The input:
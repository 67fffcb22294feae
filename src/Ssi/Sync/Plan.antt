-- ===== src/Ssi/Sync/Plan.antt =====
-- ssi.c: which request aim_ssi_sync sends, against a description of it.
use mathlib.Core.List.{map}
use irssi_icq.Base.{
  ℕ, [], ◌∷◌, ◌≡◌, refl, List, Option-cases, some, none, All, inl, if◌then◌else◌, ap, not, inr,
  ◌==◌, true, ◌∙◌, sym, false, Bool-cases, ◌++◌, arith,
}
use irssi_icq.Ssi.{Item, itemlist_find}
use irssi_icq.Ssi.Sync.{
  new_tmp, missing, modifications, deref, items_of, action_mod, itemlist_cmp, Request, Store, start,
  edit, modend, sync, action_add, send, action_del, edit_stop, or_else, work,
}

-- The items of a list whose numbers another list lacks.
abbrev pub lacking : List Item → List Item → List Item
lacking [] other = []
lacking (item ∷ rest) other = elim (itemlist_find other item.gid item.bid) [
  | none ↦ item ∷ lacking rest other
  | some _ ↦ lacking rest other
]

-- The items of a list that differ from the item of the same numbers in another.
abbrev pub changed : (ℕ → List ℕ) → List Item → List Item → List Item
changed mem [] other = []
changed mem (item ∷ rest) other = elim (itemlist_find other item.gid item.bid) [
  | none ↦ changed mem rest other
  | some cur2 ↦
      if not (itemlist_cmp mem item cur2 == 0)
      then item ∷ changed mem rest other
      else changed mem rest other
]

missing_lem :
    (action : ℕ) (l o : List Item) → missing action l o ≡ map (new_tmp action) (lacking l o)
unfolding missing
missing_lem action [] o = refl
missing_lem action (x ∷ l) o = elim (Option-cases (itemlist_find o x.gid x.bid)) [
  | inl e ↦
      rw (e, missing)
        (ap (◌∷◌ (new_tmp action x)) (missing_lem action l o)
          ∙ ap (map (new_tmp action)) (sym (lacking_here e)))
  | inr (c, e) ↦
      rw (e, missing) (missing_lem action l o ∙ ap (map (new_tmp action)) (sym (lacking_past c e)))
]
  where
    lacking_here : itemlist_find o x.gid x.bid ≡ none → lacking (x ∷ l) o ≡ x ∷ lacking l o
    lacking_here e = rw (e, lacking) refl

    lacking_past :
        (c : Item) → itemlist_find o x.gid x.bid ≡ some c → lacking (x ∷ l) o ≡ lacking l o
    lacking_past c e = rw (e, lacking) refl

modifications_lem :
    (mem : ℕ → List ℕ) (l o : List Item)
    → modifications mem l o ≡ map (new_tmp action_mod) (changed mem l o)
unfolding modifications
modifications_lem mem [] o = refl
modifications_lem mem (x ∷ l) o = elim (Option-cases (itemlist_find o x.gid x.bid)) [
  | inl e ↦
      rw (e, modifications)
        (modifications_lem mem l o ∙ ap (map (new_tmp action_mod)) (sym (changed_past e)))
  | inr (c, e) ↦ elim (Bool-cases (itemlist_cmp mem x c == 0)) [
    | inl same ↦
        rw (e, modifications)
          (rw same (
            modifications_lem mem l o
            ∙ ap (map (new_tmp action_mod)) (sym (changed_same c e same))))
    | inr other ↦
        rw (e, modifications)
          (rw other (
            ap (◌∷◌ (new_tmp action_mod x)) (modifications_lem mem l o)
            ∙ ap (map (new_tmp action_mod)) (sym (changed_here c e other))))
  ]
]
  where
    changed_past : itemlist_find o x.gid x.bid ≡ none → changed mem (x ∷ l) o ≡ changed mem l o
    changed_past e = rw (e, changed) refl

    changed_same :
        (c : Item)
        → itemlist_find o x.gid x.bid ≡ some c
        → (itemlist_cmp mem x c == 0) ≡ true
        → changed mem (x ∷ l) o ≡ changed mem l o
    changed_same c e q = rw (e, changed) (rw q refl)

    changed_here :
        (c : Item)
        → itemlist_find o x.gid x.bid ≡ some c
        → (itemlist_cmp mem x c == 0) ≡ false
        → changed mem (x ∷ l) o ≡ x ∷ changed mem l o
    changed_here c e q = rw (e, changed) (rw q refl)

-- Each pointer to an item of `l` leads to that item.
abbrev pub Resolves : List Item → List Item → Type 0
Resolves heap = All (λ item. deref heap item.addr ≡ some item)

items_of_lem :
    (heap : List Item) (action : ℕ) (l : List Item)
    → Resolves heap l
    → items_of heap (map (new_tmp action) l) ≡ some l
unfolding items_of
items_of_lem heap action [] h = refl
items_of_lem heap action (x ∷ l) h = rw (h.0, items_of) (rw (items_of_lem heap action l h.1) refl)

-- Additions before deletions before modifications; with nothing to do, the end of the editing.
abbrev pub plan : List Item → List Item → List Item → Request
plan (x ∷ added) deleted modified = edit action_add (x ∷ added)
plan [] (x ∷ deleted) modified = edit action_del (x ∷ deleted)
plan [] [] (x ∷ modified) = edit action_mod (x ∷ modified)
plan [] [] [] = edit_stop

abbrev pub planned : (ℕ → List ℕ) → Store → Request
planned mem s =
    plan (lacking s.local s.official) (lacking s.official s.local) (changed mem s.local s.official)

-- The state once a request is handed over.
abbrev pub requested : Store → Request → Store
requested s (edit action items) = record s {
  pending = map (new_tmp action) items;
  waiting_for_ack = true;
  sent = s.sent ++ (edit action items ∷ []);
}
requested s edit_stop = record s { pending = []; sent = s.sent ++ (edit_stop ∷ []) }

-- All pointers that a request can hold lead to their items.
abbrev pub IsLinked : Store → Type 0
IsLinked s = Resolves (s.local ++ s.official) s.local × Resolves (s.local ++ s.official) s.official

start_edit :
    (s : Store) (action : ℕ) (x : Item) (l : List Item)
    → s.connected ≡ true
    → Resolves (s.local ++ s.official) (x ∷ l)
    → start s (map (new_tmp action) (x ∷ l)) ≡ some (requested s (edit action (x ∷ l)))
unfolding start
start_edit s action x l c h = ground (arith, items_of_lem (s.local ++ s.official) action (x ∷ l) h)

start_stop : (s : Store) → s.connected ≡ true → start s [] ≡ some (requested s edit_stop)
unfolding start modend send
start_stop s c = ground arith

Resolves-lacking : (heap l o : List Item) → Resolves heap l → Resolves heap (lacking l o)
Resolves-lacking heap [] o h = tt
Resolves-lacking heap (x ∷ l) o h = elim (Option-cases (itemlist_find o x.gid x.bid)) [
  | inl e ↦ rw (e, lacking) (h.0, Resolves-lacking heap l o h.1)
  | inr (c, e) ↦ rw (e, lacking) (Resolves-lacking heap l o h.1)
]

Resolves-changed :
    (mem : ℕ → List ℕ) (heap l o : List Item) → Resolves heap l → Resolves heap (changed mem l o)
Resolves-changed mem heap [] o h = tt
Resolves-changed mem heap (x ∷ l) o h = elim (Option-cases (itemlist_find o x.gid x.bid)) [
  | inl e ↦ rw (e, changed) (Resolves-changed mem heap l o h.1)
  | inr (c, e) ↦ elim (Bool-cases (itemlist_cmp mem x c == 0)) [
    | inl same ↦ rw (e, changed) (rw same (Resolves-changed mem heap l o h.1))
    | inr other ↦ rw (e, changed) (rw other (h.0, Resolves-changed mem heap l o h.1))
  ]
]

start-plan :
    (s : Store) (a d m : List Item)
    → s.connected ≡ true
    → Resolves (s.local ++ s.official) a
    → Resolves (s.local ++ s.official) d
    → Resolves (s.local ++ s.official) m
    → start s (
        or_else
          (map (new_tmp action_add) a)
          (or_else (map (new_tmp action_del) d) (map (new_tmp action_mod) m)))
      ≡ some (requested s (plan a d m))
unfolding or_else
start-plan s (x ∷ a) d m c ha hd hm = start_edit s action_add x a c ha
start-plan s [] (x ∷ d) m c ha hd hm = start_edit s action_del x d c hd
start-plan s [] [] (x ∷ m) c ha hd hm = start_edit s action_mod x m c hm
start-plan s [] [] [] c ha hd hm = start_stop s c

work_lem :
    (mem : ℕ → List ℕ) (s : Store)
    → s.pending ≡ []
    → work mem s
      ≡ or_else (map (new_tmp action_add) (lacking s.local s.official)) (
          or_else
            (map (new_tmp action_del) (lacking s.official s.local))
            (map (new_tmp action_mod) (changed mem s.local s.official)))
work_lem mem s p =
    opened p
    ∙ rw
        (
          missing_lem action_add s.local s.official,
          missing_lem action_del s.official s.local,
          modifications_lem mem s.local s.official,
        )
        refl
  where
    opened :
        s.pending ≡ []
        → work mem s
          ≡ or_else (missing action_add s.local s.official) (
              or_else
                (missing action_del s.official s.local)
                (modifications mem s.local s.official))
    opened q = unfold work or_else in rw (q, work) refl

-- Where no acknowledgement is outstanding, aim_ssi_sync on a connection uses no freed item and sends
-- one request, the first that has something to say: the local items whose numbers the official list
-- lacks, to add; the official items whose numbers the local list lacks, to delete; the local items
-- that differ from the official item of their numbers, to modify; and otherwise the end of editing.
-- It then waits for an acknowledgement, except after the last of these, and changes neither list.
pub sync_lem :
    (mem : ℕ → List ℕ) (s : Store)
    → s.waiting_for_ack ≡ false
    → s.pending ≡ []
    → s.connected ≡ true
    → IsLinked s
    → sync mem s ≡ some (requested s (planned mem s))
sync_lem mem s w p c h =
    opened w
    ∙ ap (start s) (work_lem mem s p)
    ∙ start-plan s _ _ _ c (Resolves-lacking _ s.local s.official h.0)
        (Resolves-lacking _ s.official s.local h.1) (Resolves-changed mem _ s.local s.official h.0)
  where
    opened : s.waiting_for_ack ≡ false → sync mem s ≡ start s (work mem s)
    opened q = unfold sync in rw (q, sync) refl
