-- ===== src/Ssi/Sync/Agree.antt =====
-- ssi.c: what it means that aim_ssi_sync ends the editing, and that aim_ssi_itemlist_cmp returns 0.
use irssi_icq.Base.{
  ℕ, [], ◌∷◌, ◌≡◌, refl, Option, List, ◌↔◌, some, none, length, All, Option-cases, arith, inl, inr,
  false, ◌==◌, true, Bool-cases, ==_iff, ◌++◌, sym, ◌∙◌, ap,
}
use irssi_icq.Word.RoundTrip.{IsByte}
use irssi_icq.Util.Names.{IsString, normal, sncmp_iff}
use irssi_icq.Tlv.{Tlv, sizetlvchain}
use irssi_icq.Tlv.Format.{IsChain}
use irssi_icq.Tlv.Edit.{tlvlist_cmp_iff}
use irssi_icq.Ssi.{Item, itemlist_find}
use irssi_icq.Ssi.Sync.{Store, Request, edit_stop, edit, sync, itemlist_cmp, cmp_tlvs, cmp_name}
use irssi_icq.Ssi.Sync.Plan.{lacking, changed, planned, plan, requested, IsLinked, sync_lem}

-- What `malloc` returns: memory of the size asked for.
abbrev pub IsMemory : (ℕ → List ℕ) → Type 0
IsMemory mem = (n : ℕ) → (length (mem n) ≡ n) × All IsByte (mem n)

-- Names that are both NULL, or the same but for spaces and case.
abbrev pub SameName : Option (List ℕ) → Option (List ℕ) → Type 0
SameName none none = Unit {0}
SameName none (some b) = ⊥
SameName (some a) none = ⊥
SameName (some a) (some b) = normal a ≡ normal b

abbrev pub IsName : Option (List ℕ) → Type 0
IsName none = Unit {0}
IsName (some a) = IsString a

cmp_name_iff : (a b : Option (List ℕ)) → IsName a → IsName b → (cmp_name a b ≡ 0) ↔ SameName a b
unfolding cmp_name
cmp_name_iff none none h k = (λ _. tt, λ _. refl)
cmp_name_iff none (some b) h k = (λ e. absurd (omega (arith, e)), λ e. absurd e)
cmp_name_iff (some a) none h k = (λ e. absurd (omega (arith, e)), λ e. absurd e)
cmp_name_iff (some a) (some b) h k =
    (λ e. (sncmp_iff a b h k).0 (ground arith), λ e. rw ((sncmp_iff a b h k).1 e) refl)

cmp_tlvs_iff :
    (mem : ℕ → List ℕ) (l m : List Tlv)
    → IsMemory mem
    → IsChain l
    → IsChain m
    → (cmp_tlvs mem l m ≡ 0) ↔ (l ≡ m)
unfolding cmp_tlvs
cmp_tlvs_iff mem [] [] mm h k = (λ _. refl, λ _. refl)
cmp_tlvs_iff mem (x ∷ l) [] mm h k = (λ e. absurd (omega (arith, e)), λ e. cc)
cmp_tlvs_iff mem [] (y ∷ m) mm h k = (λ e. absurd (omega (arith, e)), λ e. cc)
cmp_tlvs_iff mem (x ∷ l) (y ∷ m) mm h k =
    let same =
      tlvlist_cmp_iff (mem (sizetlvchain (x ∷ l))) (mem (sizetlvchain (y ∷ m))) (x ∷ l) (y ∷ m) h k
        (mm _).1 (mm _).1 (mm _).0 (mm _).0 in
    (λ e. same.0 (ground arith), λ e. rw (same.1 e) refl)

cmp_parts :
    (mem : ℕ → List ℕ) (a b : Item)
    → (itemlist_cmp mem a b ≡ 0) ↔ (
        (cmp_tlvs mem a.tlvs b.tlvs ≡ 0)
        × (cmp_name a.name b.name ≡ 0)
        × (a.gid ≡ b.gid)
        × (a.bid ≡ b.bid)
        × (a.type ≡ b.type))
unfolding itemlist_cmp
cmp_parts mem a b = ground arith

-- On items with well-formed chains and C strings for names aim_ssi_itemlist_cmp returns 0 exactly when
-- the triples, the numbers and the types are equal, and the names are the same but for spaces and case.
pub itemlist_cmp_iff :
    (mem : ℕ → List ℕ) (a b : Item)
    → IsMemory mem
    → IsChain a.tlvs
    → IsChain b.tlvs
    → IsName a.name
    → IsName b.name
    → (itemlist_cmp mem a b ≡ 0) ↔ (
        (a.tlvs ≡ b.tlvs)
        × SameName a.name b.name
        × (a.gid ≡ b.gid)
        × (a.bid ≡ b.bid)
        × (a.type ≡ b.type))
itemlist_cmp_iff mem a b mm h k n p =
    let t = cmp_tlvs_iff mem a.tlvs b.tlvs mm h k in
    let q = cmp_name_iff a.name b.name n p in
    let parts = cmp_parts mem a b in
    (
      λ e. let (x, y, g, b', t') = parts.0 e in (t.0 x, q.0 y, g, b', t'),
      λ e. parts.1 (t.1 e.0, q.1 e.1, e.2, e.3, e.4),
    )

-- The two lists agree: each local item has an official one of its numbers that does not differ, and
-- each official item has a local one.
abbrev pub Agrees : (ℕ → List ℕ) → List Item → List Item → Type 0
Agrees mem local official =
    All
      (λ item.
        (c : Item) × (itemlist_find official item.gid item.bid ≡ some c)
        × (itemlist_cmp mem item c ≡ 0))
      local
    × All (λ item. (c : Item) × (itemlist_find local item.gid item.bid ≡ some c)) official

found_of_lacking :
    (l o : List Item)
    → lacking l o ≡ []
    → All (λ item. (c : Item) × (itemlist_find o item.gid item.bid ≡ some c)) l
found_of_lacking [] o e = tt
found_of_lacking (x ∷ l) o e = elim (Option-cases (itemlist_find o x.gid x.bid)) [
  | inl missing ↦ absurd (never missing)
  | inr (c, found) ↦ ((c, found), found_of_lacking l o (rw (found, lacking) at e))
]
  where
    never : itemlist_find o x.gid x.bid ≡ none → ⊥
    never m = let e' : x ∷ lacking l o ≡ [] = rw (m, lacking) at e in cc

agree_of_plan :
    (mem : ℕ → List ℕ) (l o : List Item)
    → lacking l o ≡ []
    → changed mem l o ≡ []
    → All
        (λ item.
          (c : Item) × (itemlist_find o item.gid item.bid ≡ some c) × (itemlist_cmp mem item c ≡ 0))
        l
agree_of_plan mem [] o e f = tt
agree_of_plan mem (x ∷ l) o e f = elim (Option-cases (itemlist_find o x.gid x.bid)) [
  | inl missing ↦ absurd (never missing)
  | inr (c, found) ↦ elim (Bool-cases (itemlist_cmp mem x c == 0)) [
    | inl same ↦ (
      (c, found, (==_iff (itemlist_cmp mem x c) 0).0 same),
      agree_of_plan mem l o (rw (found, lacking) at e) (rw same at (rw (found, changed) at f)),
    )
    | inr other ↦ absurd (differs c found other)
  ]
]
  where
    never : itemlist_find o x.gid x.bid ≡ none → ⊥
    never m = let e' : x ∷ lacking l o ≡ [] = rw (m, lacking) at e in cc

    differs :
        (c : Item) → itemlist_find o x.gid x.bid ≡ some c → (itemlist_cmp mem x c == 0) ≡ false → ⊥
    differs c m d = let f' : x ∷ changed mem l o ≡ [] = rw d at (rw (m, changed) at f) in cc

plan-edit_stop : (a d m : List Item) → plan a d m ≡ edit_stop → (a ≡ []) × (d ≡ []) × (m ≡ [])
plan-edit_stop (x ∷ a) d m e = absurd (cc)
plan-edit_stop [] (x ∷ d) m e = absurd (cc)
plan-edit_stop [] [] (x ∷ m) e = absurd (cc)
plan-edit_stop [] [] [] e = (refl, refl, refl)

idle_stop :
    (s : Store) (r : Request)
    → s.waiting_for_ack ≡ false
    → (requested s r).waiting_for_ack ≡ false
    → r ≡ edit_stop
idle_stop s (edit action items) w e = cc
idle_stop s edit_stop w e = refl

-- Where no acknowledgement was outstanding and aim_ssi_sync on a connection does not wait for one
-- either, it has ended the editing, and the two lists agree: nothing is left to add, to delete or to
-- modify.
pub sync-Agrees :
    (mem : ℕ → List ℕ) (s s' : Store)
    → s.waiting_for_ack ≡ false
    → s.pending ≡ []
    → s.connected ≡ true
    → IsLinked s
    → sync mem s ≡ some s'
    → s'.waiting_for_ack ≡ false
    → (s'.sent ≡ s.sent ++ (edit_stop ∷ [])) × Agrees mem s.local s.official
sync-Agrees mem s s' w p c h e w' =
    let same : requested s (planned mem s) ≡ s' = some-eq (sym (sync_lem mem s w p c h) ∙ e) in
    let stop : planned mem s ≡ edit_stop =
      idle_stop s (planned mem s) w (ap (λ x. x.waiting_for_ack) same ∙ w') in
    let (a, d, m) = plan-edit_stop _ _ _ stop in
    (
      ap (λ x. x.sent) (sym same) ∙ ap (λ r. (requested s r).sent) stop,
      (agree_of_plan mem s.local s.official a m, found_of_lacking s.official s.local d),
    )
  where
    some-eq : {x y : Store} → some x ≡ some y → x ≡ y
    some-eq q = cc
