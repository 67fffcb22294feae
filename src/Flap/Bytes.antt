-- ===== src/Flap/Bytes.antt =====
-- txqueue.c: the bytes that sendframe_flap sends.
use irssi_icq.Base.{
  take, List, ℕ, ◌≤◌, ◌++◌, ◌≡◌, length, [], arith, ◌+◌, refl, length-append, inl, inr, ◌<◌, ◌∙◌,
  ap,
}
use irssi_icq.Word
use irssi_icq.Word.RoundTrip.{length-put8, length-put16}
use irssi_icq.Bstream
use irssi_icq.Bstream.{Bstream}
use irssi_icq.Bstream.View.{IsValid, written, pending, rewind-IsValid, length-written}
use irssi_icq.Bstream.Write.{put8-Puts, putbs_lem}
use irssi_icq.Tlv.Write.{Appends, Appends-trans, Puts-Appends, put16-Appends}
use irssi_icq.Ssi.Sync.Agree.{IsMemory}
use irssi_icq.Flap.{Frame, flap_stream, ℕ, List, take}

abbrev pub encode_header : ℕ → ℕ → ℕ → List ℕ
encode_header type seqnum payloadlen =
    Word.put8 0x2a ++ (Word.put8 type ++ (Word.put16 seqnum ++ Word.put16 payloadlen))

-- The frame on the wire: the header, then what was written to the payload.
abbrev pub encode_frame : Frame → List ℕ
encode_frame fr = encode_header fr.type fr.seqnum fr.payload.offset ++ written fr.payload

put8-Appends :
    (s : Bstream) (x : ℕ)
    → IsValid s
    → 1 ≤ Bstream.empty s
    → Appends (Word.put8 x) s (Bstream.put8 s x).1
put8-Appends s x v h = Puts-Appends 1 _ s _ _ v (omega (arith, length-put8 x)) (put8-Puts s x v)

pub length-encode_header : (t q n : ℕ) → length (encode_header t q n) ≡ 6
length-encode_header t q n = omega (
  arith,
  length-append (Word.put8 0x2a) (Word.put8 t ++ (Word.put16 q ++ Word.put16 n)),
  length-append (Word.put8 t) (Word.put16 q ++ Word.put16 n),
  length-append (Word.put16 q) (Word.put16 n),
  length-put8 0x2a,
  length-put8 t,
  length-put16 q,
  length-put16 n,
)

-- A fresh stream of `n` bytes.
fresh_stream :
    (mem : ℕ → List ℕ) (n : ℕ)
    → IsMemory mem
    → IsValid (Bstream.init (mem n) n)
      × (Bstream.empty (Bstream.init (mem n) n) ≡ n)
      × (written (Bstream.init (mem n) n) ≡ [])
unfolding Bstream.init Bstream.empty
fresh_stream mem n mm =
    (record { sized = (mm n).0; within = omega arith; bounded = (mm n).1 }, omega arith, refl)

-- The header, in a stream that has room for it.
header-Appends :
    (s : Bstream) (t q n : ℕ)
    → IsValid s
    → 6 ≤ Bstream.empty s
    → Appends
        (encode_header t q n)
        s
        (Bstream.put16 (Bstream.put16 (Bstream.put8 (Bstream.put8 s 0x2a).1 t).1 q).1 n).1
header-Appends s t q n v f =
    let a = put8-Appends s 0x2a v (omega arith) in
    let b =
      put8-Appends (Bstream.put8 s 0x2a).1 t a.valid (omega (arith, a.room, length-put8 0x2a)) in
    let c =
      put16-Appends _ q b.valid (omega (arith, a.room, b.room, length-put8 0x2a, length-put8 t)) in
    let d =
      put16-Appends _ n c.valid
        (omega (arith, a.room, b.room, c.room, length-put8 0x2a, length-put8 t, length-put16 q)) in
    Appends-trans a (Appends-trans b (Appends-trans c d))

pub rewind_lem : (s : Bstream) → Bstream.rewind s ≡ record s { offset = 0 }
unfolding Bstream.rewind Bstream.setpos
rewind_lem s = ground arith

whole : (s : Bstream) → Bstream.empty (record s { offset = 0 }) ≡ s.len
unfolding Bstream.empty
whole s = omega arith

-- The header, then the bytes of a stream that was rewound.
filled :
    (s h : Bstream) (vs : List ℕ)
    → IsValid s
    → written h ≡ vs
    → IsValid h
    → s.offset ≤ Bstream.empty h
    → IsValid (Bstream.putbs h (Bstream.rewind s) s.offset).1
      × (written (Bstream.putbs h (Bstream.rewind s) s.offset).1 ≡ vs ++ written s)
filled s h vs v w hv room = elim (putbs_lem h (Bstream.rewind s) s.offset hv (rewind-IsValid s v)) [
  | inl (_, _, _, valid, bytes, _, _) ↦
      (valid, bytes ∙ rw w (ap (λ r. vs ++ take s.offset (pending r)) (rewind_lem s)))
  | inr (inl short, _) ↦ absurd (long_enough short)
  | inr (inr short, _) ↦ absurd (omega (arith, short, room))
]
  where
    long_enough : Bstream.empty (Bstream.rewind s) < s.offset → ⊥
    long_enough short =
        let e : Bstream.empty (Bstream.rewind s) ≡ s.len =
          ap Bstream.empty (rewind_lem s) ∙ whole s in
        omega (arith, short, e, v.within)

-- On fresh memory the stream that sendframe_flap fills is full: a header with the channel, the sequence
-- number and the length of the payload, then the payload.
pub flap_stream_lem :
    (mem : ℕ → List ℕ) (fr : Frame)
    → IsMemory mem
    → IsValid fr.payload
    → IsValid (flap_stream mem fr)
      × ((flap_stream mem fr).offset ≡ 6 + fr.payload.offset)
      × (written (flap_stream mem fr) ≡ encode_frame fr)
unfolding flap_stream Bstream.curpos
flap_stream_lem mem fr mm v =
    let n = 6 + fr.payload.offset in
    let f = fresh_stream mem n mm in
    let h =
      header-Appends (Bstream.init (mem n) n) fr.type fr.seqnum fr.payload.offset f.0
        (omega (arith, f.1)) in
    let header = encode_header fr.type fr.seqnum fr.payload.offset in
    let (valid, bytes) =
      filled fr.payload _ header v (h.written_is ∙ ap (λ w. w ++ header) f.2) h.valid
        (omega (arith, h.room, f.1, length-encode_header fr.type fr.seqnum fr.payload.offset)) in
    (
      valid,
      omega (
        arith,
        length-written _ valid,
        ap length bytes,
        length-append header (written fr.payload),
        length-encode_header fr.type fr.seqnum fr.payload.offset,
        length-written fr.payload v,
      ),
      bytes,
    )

Directions for this task: Matching lines for the string "modend": work out how many the records contain and write only the number.

Response to the exercise: 2